== Material provided ==
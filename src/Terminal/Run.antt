-- ===== src/Terminal/Run.antt =====
-- web/src/app/page.tsx, `runShell`: a line is a sequence of groups between `;`, a group is segments
-- between `&&`, and a segment is a pipeline.
pub mod Chaining
pub mod Directory
pub mod Store
use tbd_dev.Prelude.{
  ℕ, zero, suc, String, Bool, true, false, Option, none, some, List, [], ◌∷◌, ◌++◌, ◌⧺◌, ◌||◌, ◌&&◌,
  not, ◌==◌, eqb, if◌then◌else◌, map, or_else, truthy,
}
use tbd_dev.Terminal.Path.{resolve_path, to_absolute}
use tbd_dev.Terminal.Files.{Files}
use tbd_dev.Terminal.Files.Write.{write_file}
use tbd_dev.Terminal.Shell.{tokenize, split_by_operator, Redirect, parse_redirection, limit_output}
use tbd_dev.Terminal.Variables.{Vars, get_var, set_var, expand_token}
use tbd_dev.Terminal.Commands.{OutputLine, CommandResult, World, error, result}
use tbd_dev.Terminal.Commands.Dispatch.{Platform, run_command_tokens}

-- The state of the loop over a pipeline's parts.
pub record Pipe : Type 0 where
  pub stdin : List String
  pub exit : ℕ
  pub cwd : String
  pub output : List OutputLine
  pub clear : Bool
  pub world : World

-- The state of the loops over groups and segments.
pub record Line : Type 0 where
  pub cwd : String
  pub exit_code : ℕ
  pub output : List OutputLine
  pub clear : Bool
  pub world : World

-- `envRef`, `aliasRef`, `lastStatusRef`, `fsRef` and the `cwd` of the terminal.
pub record Session : Type 0 where
  pub world : World
  pub last_status : ℕ
  pub cwd : String

abbrev pub text_of : OutputLine → String
text_of line = line.text

-- `lines.map((l) => l.text).join("\n") + "\n"`
unfoldable pub file_text : List OutputLine → String
file_text [] = "\n"
file_text (l ∷ []) = l.text ⧺ "\n"
file_text (l ∷ m ∷ ls) = l.text ⧺ "\n" ⧺ file_text (m ∷ ls)

-- An alias in front is replaced by its tokens.
unfoldable pub with_alias : Vars → List String → List String
unfolding get_var tokenize
with_alias aliases [] = []
with_alias aliases (cmd ∷ args) =
    if truthy (get_var cmd aliases)
    then tokenize (or_else (get_var cmd aliases) "") ++ args
    else cmd ∷ args

abbrev written : Pipe → Files × Option String → Pipe
written p (fs, some err) = record p {
  output = error ("redirect: " ⧺ err) ∷ [];
  exit = 1;
  world = record p.world { files = fs };
}
written p (fs, none) = record p { output = []; exit = 0; world = record p.world { files = fs } }

-- The redirection of the last part.
unfoldable pub redirected : ℕ → Bool → Option Redirect → Pipe → Pipe
unfolding file_text resolve_path write_file
redirected now true (some r) p =
    written p
      (write_file now (resolve_path p.cwd r.path) (file_text p.output) r.append p.world.files)
redirected now _ _ p = p

abbrev ran : Bool → World × CommandResult → Pipe
ran cleared (w, r) = record {
  stdin = [];
  exit = r.exit_code;
  cwd = r.cwd;
  output = if r.clear then [] else r.output;
  clear = cleared || r.clear;
  world = w;
}

abbrev fed : Pipe → Pipe
fed p = record p { stdin = map text_of p.output }

abbrev pub is_last : List (List String) → Bool
is_last [] = true
is_last (part ∷ parts) = false

module _ (js : Platform) where
  abbrev run_clean : Bool → List String × Option Redirect → Pipe → Pipe
  run_clean last (tokens, redirect) p = fed (
      redirected js.now last redirect (
        ran p.clear
          (run_command_tokens js (with_alias p.world.aliases tokens) p.stdin p.cwd p.world)))

  -- One part of a pipeline.
  unfoldable pub run_part : Bool → List String → Pipe → Pipe
  unfolding redirected with_alias run_command_tokens parse_redirection
  run_part last part p = run_clean last (parse_redirection part) p

  -- The loop over the parts, which stops behind one that failed.
  unfoldable pub run_parts : List (List String) → Pipe → Pipe
  unfolding run_part
  run_parts [] p = p
  run_parts (part ∷ parts) p =
      let done = run_part (is_last parts) part p in
      if eqb done.exit 0 then run_parts parts done else done

  abbrev start_pipe : Line → Pipe
  start_pipe l = record {
    stdin = [];
    exit = 0;
    cwd = l.cwd;
    output = [];
    clear = l.clear;
    world = l.world;
  }

  abbrev end_pipe : Line → Pipe → Line
  end_pipe l p = record {
    cwd = p.cwd;
    exit_code = p.exit;
    output = l.output ++ p.output;
    clear = p.clear;
    world = p.world;
  }

  -- One segment, which is not empty.
  unfoldable pub run_segment : List String → Line → Line
  unfolding run_parts split_by_operator
  run_segment segment l = end_pipe l (run_parts (split_by_operator segment "|") (start_pipe l))

  -- The loop over the segments between `&&`, which stops behind one that failed.
  unfoldable pub run_segments : List (List String) → Line → Line
  unfolding run_segment
  run_segments [] l = l
  run_segments ([] ∷ segments) l = run_segments segments l
  run_segments ((t ∷ ts) ∷ segments) l =
      let done = run_segment (t ∷ ts) l in
      if eqb done.exit_code 0 then run_segments segments done else done

  -- The loop over the groups between `;`.
  unfoldable pub run_groups : List (List String) → Line → Line
  unfolding run_segments split_by_operator
  run_groups [] l = l
  run_groups (group ∷ groups) l = run_groups groups (run_segments (split_by_operator group "&&") l)

  abbrev truncated : ℕ → OutputLine
  truncated n = record {
    text = "... (" ⧺ js.print n ⧺ " more lines truncated)";
    cls = some "text-zinc-500";
  }

  abbrev pub begin : Session → Line
  begin s = record {
    cwd = s.cwd;
    exit_code = 0;
    output = [];
    clear = false;
    world = record s.world { env = set_var "PWD" (to_absolute s.cwd) s.world.env };
  }

  abbrev pub end : Line → Session × CommandResult
  end l = (
    record {
      world = record l.world { env = set_var "PWD" (to_absolute l.cwd) l.world.env };
      last_status = l.exit_code;
      cwd = l.cwd;
    },
    record {
      output = limit_output truncated 300 l.output;
      cwd = l.cwd;
      exit_code = l.exit_code;
      clear = l.clear;
    },
  )

  -- Every token is expanded before the first command runs.
  abbrev pub expanded : List String → Session → List String
  expanded tokens s =
      map (λ (t : String). expand_token js.print t (begin s).world.env s.last_status s.cwd) tokens

  abbrev pub run_tokens : List String → Session → Session × CommandResult
  run_tokens [] s = (s, result s.cwd 0 [])
  run_tokens (t ∷ ts) s = end (run_groups (split_by_operator (expanded (t ∷ ts) s) ";") (begin s))

  -- `runShell`, with the `setCwd` of `handleCommand`.
  unfoldable pub run_shell : String → Session → Session × CommandResult
  unfolding tokenize run_groups split_by_operator expand_token set_var to_absolute limit_output
  run_shell input s = run_tokens (tokenize input) s
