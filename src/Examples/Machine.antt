-- ===== src/Examples/Machine.antt =====
-- Numbers, functions of JavaScript and a terminal for the examples. The numbers are natural: a difference
-- stops at 0, a negation is 0, the part behind a dot is dropped, and a number is written as a tally.
use Prim.Native.Char.{code}
use Prim.Native.String.{[] as ε, ◌∷◌ as ◌▸◌}
use tbd_dev.Prelude.{
  ℕ, zero, suc, ◌+◌, ◌-◌, ◌*◌, ◌/◌, ◌%◌, String, true, Option, none, some, [], ◌∷◌, ◌⧺◌, eqb,
  if◌then◌else◌,
}
use tbd_dev.Terminal.Files.{make_dir}
use tbd_dev.Terminal.Calculator.{Floats, is_digit}
use tbd_dev.Terminal.Commands.{silent}
use tbd_dev.Terminal.Commands.Dispatch.{Platform}
use tbd_dev.Terminal.Run.{Session}

abbrev digits : Option ℕ → String → Option ℕ
digits o ε = o
digits none (c ▸ s) = if is_digit c then digits (some (code c - 48)) s else none
digits (some n) (c ▸ s) = if is_digit c then digits (some (10 * n + (code c - 48))) s else some n

unfoldable pub tally : ℕ → String
tally zero = ""
tally (suc n) = "I" ⧺ tally n

abbrev pub whole : Floats
whole = record {
  Number = ℕ;
  number = digits none;
  negate = λ n. 0;
  add = λ m n. m + n;
  subtract = λ m n. m - n;
  multiply = λ m n. m * n;
  divide = λ m n. m / n;
  remainder = λ m n. m % n;
  is_zero = λ n. eqb n 0;
  is_finite = λ n. true;
  show = tally;
}

abbrev pub machine : Platform
machine = record {
  floats = whole;
  print = tally;
  trim = λ s. s;
  sort = λ names. names;
  now = 0;
  command_list = "ls" ∷ "cd" ∷ [];
  others = λ cmd args stdin cwd w. (w.files, silent);
}

abbrev pub at_home : Session
at_home = record {
  world = record { files = make_dir [] 0 ∷ []; env = []; aliases = [] };
  last_status = 0;
  cwd = "~";
}
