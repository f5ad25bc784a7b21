-- ===== src/Examples/ClientExamples.antt =====
-- The theorems about the API client, applied.
use tbd_dev.Prelude.{ℕ, String, true, false, Option, none, some, ◌≡◌, ◌≢◌, ◌↔◌, ◌⊎◌, refl}
use tbd_dev.Client.{Json, arr, nil, obj, Fields, end, field, ok, Response, answer}
use tbd_dev.Client.Answers.{answer-eq-ok_iff, answer-api_error, IsToldBy}
use tbd_dev.Client.Endpoints.Admin.{AdminProjectsParams}

abbrev print_json : Json → String
print_json j = "{}"

abbrev validation_error : Fields
validation_error = field "detail" (arr nil) end

abbrev unprocessable : Response
unprocessable = record {
  ok = false;
  status = 422;
  status_text = "Unprocessable";
  json = some (obj validation_error);
}

abbrev nothing : Option Json
nothing = none

abbrev no_content : Response
no_content = record { ok = true; status = 204; status_text = "No Content"; json = none }

answer-eq-ok_iff_example : (answer print_json (some no_content) ≡ ok none) ↔ (
    (res : Response) × (some no_content ≡ some res)
    × (res.ok ≡ true)
    × (((res.status ≡ 204) × (nothing ≡ none))
        ⊎ ((b : Json) × (res.status ≢ 204) × (res.json ≡ some b) × (nothing ≡ some b))))
answer-eq-ok_iff_example = answer-eq-ok_iff print_json (some no_content) none

answer-api_error_example :
    (res : Response) × (some unprocessable ≡ some res)
    × (res.ok ≡ false)
    × (422 ≡ res.status)
    × IsToldBy print_json res.status_text res.json (arr nil)
unfolding answer
answer-api_error_example = answer-api_error print_json (some unprocessable) 422 (arr nil) refl

abbrev second_page : AdminProjectsParams
second_page = record {
  skip = some 50;
  limit = some 50;
  search = some "";
  status = some "active";
  tag = none;
  sort = none;
  order = none;
}

abbrev print_number : ℕ → String
print_number n = "50"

== Problem requirements ==
Pull out every line in the material above where "redirected" occurs.

== Solved exercise ==
unfoldable pub redirected : ℕ → Bool → Option Redirect → Pipe → Pipe
redirected now true (some r) p =
redirected now _ _ p = p
      redirected js.now last redirect (
  unfolding redirected with_alias run_command_tokens parse_redirection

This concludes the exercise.